Generated: suppliers.csv, inventory.csv


## Work Order Table

In [11]:
# -----------------------------
# 1. Load existing tables
# -----------------------------
sdr = pd.read_csv("../data/02_csv/SDR_COMPOSITE_EXPORT.csv")
parts_master = pd.read_csv("../data/02_csv/parts_master.csv")
inventory = pd.read_csv("../data/02_csv/inventory.csv")

# Normalize column names
sdr.columns = [c.strip() for c in sdr.columns]
parts_master.columns = [c.strip() for c in parts_master.columns]
inventory.columns = [c.strip() for c in inventory.columns]

# -----------------------------
# 2. Safe column accessor
# -----------------------------
def safe_get_col(df, col):
    return df[col].fillna("").astype(str) if col in df.columns else pd.Series([""] * len(df))

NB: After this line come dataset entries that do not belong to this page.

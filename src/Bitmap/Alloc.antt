-- ===== src/Bitmap/Alloc.antt =====
-- bitmap_alloc, bitmap_create, bitmap_equal and bitmap_nr_allocated as properties of the bits.
use klee_testfs.Common.{
  ℕ, zero, suc, ◌+◌, ◌-◌, ◌*◌, ◌/◌, ◌%◌, ◌^◌, ◌≤◌, ◌<◌, ◌≡◌, refl, ap, subst, ◌∙◌, inl, inr, true,
  false, some, arith, ◌==◌, ==_iff, if◌then◌else◌, Bool-cases, Option-cases, get_or, set, length,
  lt→ltb,
}
use native.Mathlib.Decide.{dec_lt}
use klee_testfs.Bitmap.{
  Bitmap, has_bit, set_bit, isset, mark, div_round_up, Allocation, allocated, no_space, asserted,
  find_clear, take_bit, alloc_from, alloc, count_from, nr_allocated,
}
use klee_testfs.Bitmap.Bits.{
  find_clear_sound, find_clear_below, find_clear-ne-none, has_bit-allbits,
}
use klee_testfs.Bitmap.Laws.{IsValid, get_or-lt, marked, mark-eq, mark_lem}

-- What bitmap_alloc promises: the first clear bit, marked; or no space, when no bit is clear.
abbrev pub Allocates : Bitmap → Allocation → Type 0
Allocates b (allocated i b') =
    (i < b.nbits)
    × (isset b i ≡ false)
    × ((j : ℕ) → j < i → isset b j ≡ true)
    × (mark b i ≡ some b')
Allocates b no_space = (j : ℕ) → j < b.nbits → isset b j ≡ true
Allocates b asserted = ⊥

pub div_round_up_lem : (n : ℕ) → n + 7 < 2 ^ 32 → div_round_up n 8 ≡ (n + 7) / 8
unfolding div_round_up
div_round_up_lem n h = omega arith

module _ {b : Bitmap} (valid : IsValid b) where
  -- A bit of the byte `ix`, as a bit of the map.
  isset_of : (ix o : ℕ) → o < 8 → isset b (ix * 8 + o) ≡ has_bit (get_or b.v ix 0) o
  unfolding isset
  isset_of ix o h =
      let quotient : (ix * 8 + o) / 8 ≡ ix = omega arith in
      let remainder : (ix * 8 + o) % 8 ≡ o = omega arith in rw (quotient, remainder)

  -- The bits of the bytes below `ix` are those below `ix` and those of the byte `ix`.
  isset_next :
      (ix j : ℕ)
      → ((k : ℕ) → k < ix * 8 → isset b k ≡ true)
      → ((o : ℕ) → o < 8 → ix * 8 + o ≡ j → has_bit (get_or b.v ix 0) o ≡ true)
      → j < (ix + 1) * 8
      → isset b j ≡ true
  isset_next ix j before here h = elim (dec_lt j (ix * 8)) [
    | yes p ↦ before j p
    | no p ↦
        let at : ix * 8 + (j - ix * 8) ≡ j = omega arith in
        subst (λ k. isset b k ≡ true) at
          (isset_of ix (j - ix * 8) (omega arith) ∙ here (j - ix * 8) (omega arith) at)
  ]

  take_bit-Allocates :
      (ix o : ℕ)
      → ix < length b.v
      → ((j : ℕ) → j < ix * 8 → isset b j ≡ true)
      → find_clear 8 (get_or b.v ix 0) 0 ≡ some o
      → Allocates b (take_bit b ix (some o))
  unfolding take_bit
  take_bit-Allocates ix o inside before found = rw (lt→ltb (ix * 8 + o) b.nbits in_map) (
    in_map,
    clear,
    λ j h.
        isset_next ix j before
          (λ p hp e. find_clear_below 8 _ 0 o p found (omega arith) (omega (arith, e)))
          (omega (arith, sound)),
    mark-eq valid (ix * 8 + o) in_map clear ∙ ap some same,
  )
    where
      sound : (0 ≤ o) × (o < 0 + 8) × (has_bit (get_or b.v ix 0) o ≡ false)
      sound = find_clear_sound 8 (get_or b.v ix 0) 0 o found

      clear : isset b (ix * 8 + o) ≡ false
      clear = isset_of ix o (omega (arith, sound)) ∙ sound.2

      in_map : ix * 8 + o < b.nbits
      in_map = ground (arith, valid.leftover (ix * 8 + o), clear, sound)

      quotient : (ix * 8 + o) / 8 ≡ ix
      quotient = omega (arith, sound)

      remainder : (ix * 8 + o) % 8 ≡ o
      remainder = omega (arith, sound)

      same : marked b (ix * 8 + o) ≡ record b { v = set b.v ix (set_bit (get_or b.v ix 0) o) }
      same = rw (quotient, remainder)

  take_found :
      (ix : ℕ)
      → ix < length b.v
      → ((j : ℕ) → j < ix * 8 → isset b j ≡ true)
      → (get_or b.v ix 0 == 255) ≡ false
      → Allocates b (take_bit b ix (find_clear 8 (get_or b.v ix 0) 0))
  take_found ix inside before free = elim (Option-cases (find_clear 8 (get_or b.v ix 0) 0)) [
    | inl nothing ↦ absurd (find_clear-ne-none _ (get_or-lt b.v ix valid.bytes) free nothing)
    | inr (o, found) ↦ rw found (take_bit-Allocates ix o inside before found)
  ]

  alloc_from-Allocates :
      (left ix : ℕ)
      → ix + left ≡ length b.v
      → ((j : ℕ) → j < ix * 8 → isset b j ≡ true)
      → Allocates b (alloc_from left ix b)
  unfolding alloc_from
  alloc_from-Allocates zero ix e before = λ j h. before j (omega (arith, valid.words))
  alloc_from-Allocates (suc left) ix e before = elim (Bool-cases (get_or b.v ix 0 == 255)) [
    | inl full ↦ rw full (
        alloc_from-Allocates left (ix + 1) (omega arith) λ j h.
          isset_next ix j before (λ o ho _. rw ((==_iff _ 255).0 full) (has_bit-allbits o ho)) h)
    | inr free ↦ rw free (take_found ix (omega arith) before free)
  ]

  -- bitmap_alloc on a well-formed map never fails an assertion: it marks the lowest clear bit and
  -- returns its index, or says that there is no space, and then every bit is set.
  pub alloc-Allocates : Allocates b (alloc b)
  unfolding alloc
  alloc-Allocates = rw (div_round_up_lem b.nbits valid.small) (
      alloc_from-Allocates ((b.nbits + 7) / 8) 0 (omega (arith, valid.words))
        (λ j h. absurd (omega arith)))

-- The state of the map after an allocation: as bitmap_mark leaves it.
pub allocated_lem :
    {b : Bitmap} (i : ℕ) (b' : Bitmap)
    → IsValid b
    → alloc b ≡ allocated i b'
    → (i < b.nbits)
      × (isset b i ≡ false)
      × (b'.nbits ≡ b.nbits)
      × IsValid b'
      × ((j : ℕ) → isset b' j ≡ (if i == j then true else isset b j))
allocated_lem {b} i b' valid e =
    let promise : Allocates b (allocated i b') = subst (Allocates b) e (alloc-Allocates valid) in
    let (c, same, size, is, bits) = mark_lem valid i promise.0 promise.1 in
    let eq : c ≡ b' = cc (promise.3, same) in
    (
      promise.0,
      promise.1,
      subst (λ (m : Bitmap). m.nbits ≡ b.nbits) eq size,
      subst IsValid eq is,
      subst (λ m. (j : ℕ) → isset m j ≡ (if i == j then true else isset b j)) eq bits,
    )

-- How many of the n bits from i on are set.
unfoldable pub count : ℕ → ℕ → Bitmap → ℕ
count zero i b = 0
count (suc n) i b = (if isset b i then 1 else 0) + count n (i + 1) b

count_from_lem : (n i nr : ℕ) (b : Bitmap) → count_from n i nr b ≡ nr + count n i b
unfolding count_from count
count_from_lem zero i nr b = omega arith
count_from_lem (suc n) i nr b =
    ground (arith, count_from_lem n (i + 1) nr b, count_from_lem n (i + 1) (nr + 1) b)

count_above :
    (b b' : Bitmap) (k n i : ℕ)
    → ((j : ℕ) → isset b' j ≡ (if k == j then true else isset b j))
    → k < i
    → count n i b' ≡ count n i b
unfolding count
count_above b b' k zero i bits h = refl
count_above b b' k (suc n) i bits h = ground (arith, bits i, count_above b b' k n (i + 1) bits)

count_set :
    (b b' : Bitmap) (k n i : ℕ)
    → ((j : ℕ) → isset b' j ≡ (if k == j then true else isset b j))
    → isset b k ≡ false
    → i ≤ k
    → k < i + n
    → count n i b' ≡ count n i b + 1
unfolding count
count_set b b' k zero i bits clear lo hi = absurd (omega arith)
count_set b b' k (suc n) i bits clear lo hi =
    ground (arith, bits i, count_set b b' k n (i + 1) bits clear, count_above b b' k n (i + 1) bits)

-- One more bit in use.
nr_allocated-set :
    (b b' : Bitmap) (i : ℕ)
    → b'.nbits ≡ b.nbits
    → i < b.nbits
    → isset b i ≡ false
    → ((j : ℕ) → isset b' j ≡ (if i == j then true else isset b j))
    → nr_allocated b' ≡ nr_allocated b + 1
unfolding nr_allocated
nr_allocated-set b b' i size inside clear bits =
    let more : count b.nbits 0 b' ≡ count b.nbits 0 b + 1 =
      count_set b b' i b.nbits 0 bits clear (omega arith) (omega arith) in
    omega (
      arith,
      count_from_lem b'.nbits 0 0 b',
      count_from_lem b.nbits 0 0 b,
      ap (λ n. count n 0 b') size,
      more,
    )

-- bitmap_nr_allocated grows by exactly one with each bit that bitmap_alloc hands out.
pub nr_allocated-alloc :
    {b : Bitmap} (i : ℕ) (b' : Bitmap)
    → IsValid b
    → alloc b ≡ allocated i b'
    → nr_allocated b' ≡ nr_allocated b + 1
nr_allocated-alloc {b} i b' valid e =
    let (inside, clear, size, is, bits) = allocated_lem i b' valid e in
    nr_allocated-set b b' i size inside clear bits

count-le : (n i : ℕ) (b : Bitmap) → count n i b ≤ n
unfolding count
count-le zero i b = omega arith
count-le (suc n) i b = ground (arith, count-le n (i + 1) b)

pub nr_allocated-le : (b : Bitmap) → nr_allocated b ≤ b.nbits
unfolding nr_allocated
nr_allocated-le b = omega (arith, count_from_lem b.nbits 0 0 b, count-le b.nbits 0 b)

-- A bit that could be marked.
marked_before :
    (b : Bitmap) (i : ℕ) (b' : Bitmap) → mark b i ≡ some b' → (i < b.nbits) × (isset b i ≡ false)
unfolding mark
marked_before b i b' e = ground arith

pub nr_allocated-mark :
    {b : Bitmap} (i : ℕ) (b' : Bitmap)
    → IsValid b
    → mark b i ≡ some b'
    → IsValid b' × (b'.nbits ≡ b.nbits) × (nr_allocated b' ≡ nr_allocated b + 1)
nr_allocated-mark {b} i b' valid e =
    let (inside, clear) = marked_before b i b' e in
    let (c, same, size, is, bits) = mark_lem valid i inside clear in
    let eq : c ≡ b' = cc (same, e) in
    subst (λ (m : Bitmap). IsValid m × (m.nbits ≡ b.nbits) × (nr_allocated m ≡ nr_allocated b + 1))
      eq (is, size, nr_allocated-set b c i size inside clear bits)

# -----------------------------
# 3. Normalize SDR fields
# -----------------------------
sdr["PartNumber"] = safe_get_col(sdr, "PartNumber").str.upper().str.strip()
sdr["PartName"]   = safe_get_col(sdr, "PartName").str.upper().str.strip()
sdr["Discrepancy"] = safe_get_col(sdr, "Discrepancy")
sdr["PartCondition"] = safe_get_col(sdr, "PartCondition")
sdr["StageOfOperationCode"] = safe_get_col(sdr, "StageOfOperationCode")
sdr["HowDiscoveredCode"] = safe_get_col(sdr, "HowDiscoveredCode")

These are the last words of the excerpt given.